▶ _Data excerpts_:
'''

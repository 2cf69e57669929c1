-- ===== src/Routing/Trie.antt =====
-- RouteTrie of common/http/include/RouteTrie.hpp and common/http/src/RouteTrie.cpp. `H` is the type
-- of handlers; an empty std::function is not registered. Parameter children stand in the order of
-- the flat_map; static children and handlers stand in the order of their insertion.
pub mod Order
pub mod Table
pub mod Adding
pub mod Finding
pub mod Listing
pub mod Listed
use ecommerce_platform.Prelude.{
  ℕ, ◌≡◌, Bool, true, false, not, ◌&&◌, ◌||◌, List, [], ◌∷◌, ◌++◌, Option, none, some, ltb, ◌==◌,
  if◌then◌else◌, lookup, assign, Text, Text-eq, text, text_eq,
}
use ecommerce_platform.Http.Error.{Outcome, returns, throws, Exception, other_exception}
use ecommerce_platform.Http.Verb.{Verb, Verb-eq, verb_eq}
use ecommerce_platform.Parser.Params.{GeneralParams}
use ecommerce_platform.Routing.ParamType.{TypePointer, descriptor, rank, same_type}
use ecommerce_platform.Routing.Paths.{normalize_path, split_path}
use ecommerce_platform.Routing.Segments.{ParamKey, literal, capture, parse_param_segment}

mutual
  pub data TrieNode (H : Type 0) : Type 0 where
    node : StaticChildren H → ParamChildren H → List (Verb × H) → TrieNode H

  pub data StaticChildren (H : Type 0) : Type 0 where
    no_static : StaticChildren H
    static : Text → TrieNode H → StaticChildren H → StaticChildren H

  pub data ParamChildren (H : Type 0) : Type 0 where
    no_param : ParamChildren H
    param : ParamKey → TrieNode H → ParamChildren H → ParamChildren H

-- operator< of std::string
unfoldable pub text_lt : Text → Text → Bool
text_lt s [] = false
text_lt [] (d ∷ t) = true
text_lt (c ∷ s) (d ∷ t) = ltb c d || (c == d && text_lt s t)

-- ParamKey::operator<: the tuples of priority, type name and name compare the other way round.
unfoldable pub key_lt : ParamKey → ParamKey → Bool
key_lt a b =
    let p = rank (descriptor a.type).priority in
    let q = rank (descriptor b.type).priority in
    ltb q p
    || (p == q
        && (text_lt (descriptor b.type).name (descriptor a.type).name
            || (text_eq (descriptor a.type).name (descriptor b.type).name
                && text_lt b.name a.name)))

abbrev pub ambiguous : ParamKey → ParamKey → Exception
ambiguous existing key = other_exception (
    text "Ambiguous parameter routes with same matcher at: {"
    ++ (existing.name ++ (text "} and {" ++ (key.name ++ text "}"))))

module _ {H : Type 0} where
  abbrev pub empty_node : TrieNode H
  empty_node = node no_static no_param []

  -- static_children.find and static_children[segment]
  unfoldable pub find_static : Text → StaticChildren H → Option (TrieNode H)
  find_static s no_static = none
  find_static s (static t child rest) = if text_eq t s then some child else find_static s rest

  unfoldable pub put_static : Text → TrieNode H → StaticChildren H → StaticChildren H
  put_static s child no_static = static s child no_static
  put_static s child (static t old rest) =
      if text_eq t s then static t child rest else static t old (put_static s child rest)

  abbrev pub child_or_new : Option (TrieNode H) → TrieNode H
  child_or_new none = empty_node
  child_or_new (some child) = child

  -- param_children.find: the first key that is not less, if the key is not less than it.
  unfoldable pub find_param : ParamKey → ParamChildren H → Option (TrieNode H)
  find_param key no_param = none
  find_param key (param k child rest) =
      if key_lt k key then find_param key rest else if key_lt key k then none else some child

  -- The child behind the iterator that `find` returned, changed in place.
  unfoldable pub put_param : ParamKey → TrieNode H → ParamChildren H → ParamChildren H
  put_param key child no_param = no_param
  put_param key child (param k old rest) =
      if key_lt k key then param k old (put_param key child rest) else param k child rest

  -- param_children.emplace of a key that is not there: before the first key that is not less.
  unfoldable pub insert_param : ParamKey → TrieNode H → ParamChildren H → ParamChildren H
  insert_param key child no_param = param key child no_param
  insert_param key child (param k old rest) =
      if key_lt k key
      then param k old (insert_param key child rest)
      else param key child (param k old rest)

  -- The loop over the existing keys: the first one of the same type.
  unfoldable pub find_same_type : TypePointer → ParamChildren H → Option ParamKey
  find_same_type t no_param = none
  find_same_type t (param k child rest) =
      if same_type k.type t then some k else find_same_type t rest

  -- AddPath. The trie that is left is returned in any case: what was made before an exception stays.
  unfoldable pub add_path : List Text → Verb → H → TrieNode H → TrieNode H × Option Exception
  add_path [] method handler (node ss ps hs) = (node ss ps (assign method handler hs), none)
  add_path (segment ∷ segments) method handler (node ss ps hs) =
      elim (parse_param_segment segment) [
        | throws e ↦ (node ss ps hs, some e)
        | returns literal ↦
            let r = add_path segments method handler (child_or_new (find_static segment ss)) in
            (node (put_static segment r.0 ss) ps hs, r.1)
        | returns (capture key) ↦ elim (find_param key ps) [
          | some child ↦
              let r = add_path segments method handler child in
              (node ss (put_param key r.0 ps) hs, r.1)
          | none ↦ elim (find_same_type key.type ps) [
            | some existing ↦ (node ss ps hs, some (ambiguous existing key))
            | none ↦
                let r = add_path segments method handler empty_node in
                (node ss (insert_param key r.0 ps) hs, r.1)
          ]
        ]
      ]

  -- AddRoute
  unfoldable pub add_route : Verb → Text → H → TrieNode H → TrieNode H × Option Exception
  add_route method path handler root =
      add_path (split_path (normalize_path path)) method handler root

  -- The loop over the parameter children: the first one whose type takes the segment.
  unfoldable pub best_child : Text → ParamChildren H → Option (ParamKey × TrieNode H)
  best_child segment no_param = none
  best_child segment (param k child rest) =
      if (descriptor k.type).matcher segment then some (k, child) else best_child segment rest

  -- FindPath
  unfoldable pub find_path :
      List Text → TrieNode H → GeneralParams → Option (TrieNode H × GeneralParams)
  find_path [] n params = some (n, params)
  find_path (segment ∷ segments) (node ss ps hs) params = elim (find_static segment ss) [
    | some child ↦ find_path segments child params
    | none ↦ elim (best_child segment ps) [
      | none ↦ none
      | some (key, child) ↦ find_path segments child (assign key.name segment params)
    ]
  ]

  abbrev pub handlers : TrieNode H → List (Verb × H)
  handlers (node ss ps hs) = hs

  unfoldable pub pick_handler :
      Verb → Option (TrieNode H × GeneralParams) → Option (H × GeneralParams)
  pick_handler method none = none
  pick_handler method (some (n, params)) = elim (lookup method (handlers n)) [
    | none ↦ none
    | some handler ↦ some (handler, params)
  ]

  -- FindRoute; `none` is the empty handler with no parameters.
  unfoldable pub find_route : Verb → Text → TrieNode H → Option (H × GeneralParams)
  find_route method path root =
      pick_handler method (find_path (split_path (normalize_path path)) root [])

'''

▶ _Your assignment_:
Print the lines above from the one with "hs, some e)" through the one with "unfoldable pub best_child", both included, exactly as written and nothing more.

▶ _Reply to the task_:
        | throws e ↦ (node ss ps hs, some e)
        | returns literal ↦
            let r = add_path segments method handler (child_or_new (find_static segment ss)) in
            (node (put_static segment r.0 ss) ps hs, r.1)
        | returns (capture key) ↦ elim (find_param key ps) [
          | some child ↦
              let r = add_path segments method handler child in
              (node ss (put_param key r.0 ps) hs, r.1)
          | none ↦ elim (find_same_type key.type ps) [
            | some existing ↦ (node ss ps hs, some (ambiguous existing key))
            | none ↦
                let r = add_path segments method handler empty_node in
                (node ss (insert_param key r.0 ps) hs, r.1)
          ]
        ]
      ]

  -- AddRoute
  unfoldable pub add_route : Verb → Text → H → TrieNode H → TrieNode H × Option Exception
  add_route method path handler root =
      add_path (split_path (normalize_path path)) method handler root

  -- The loop over the parameter children: the first one whose type takes the segment.
  unfoldable pub best_child : Text → ParamChildren H → Option (ParamKey × TrieNode H)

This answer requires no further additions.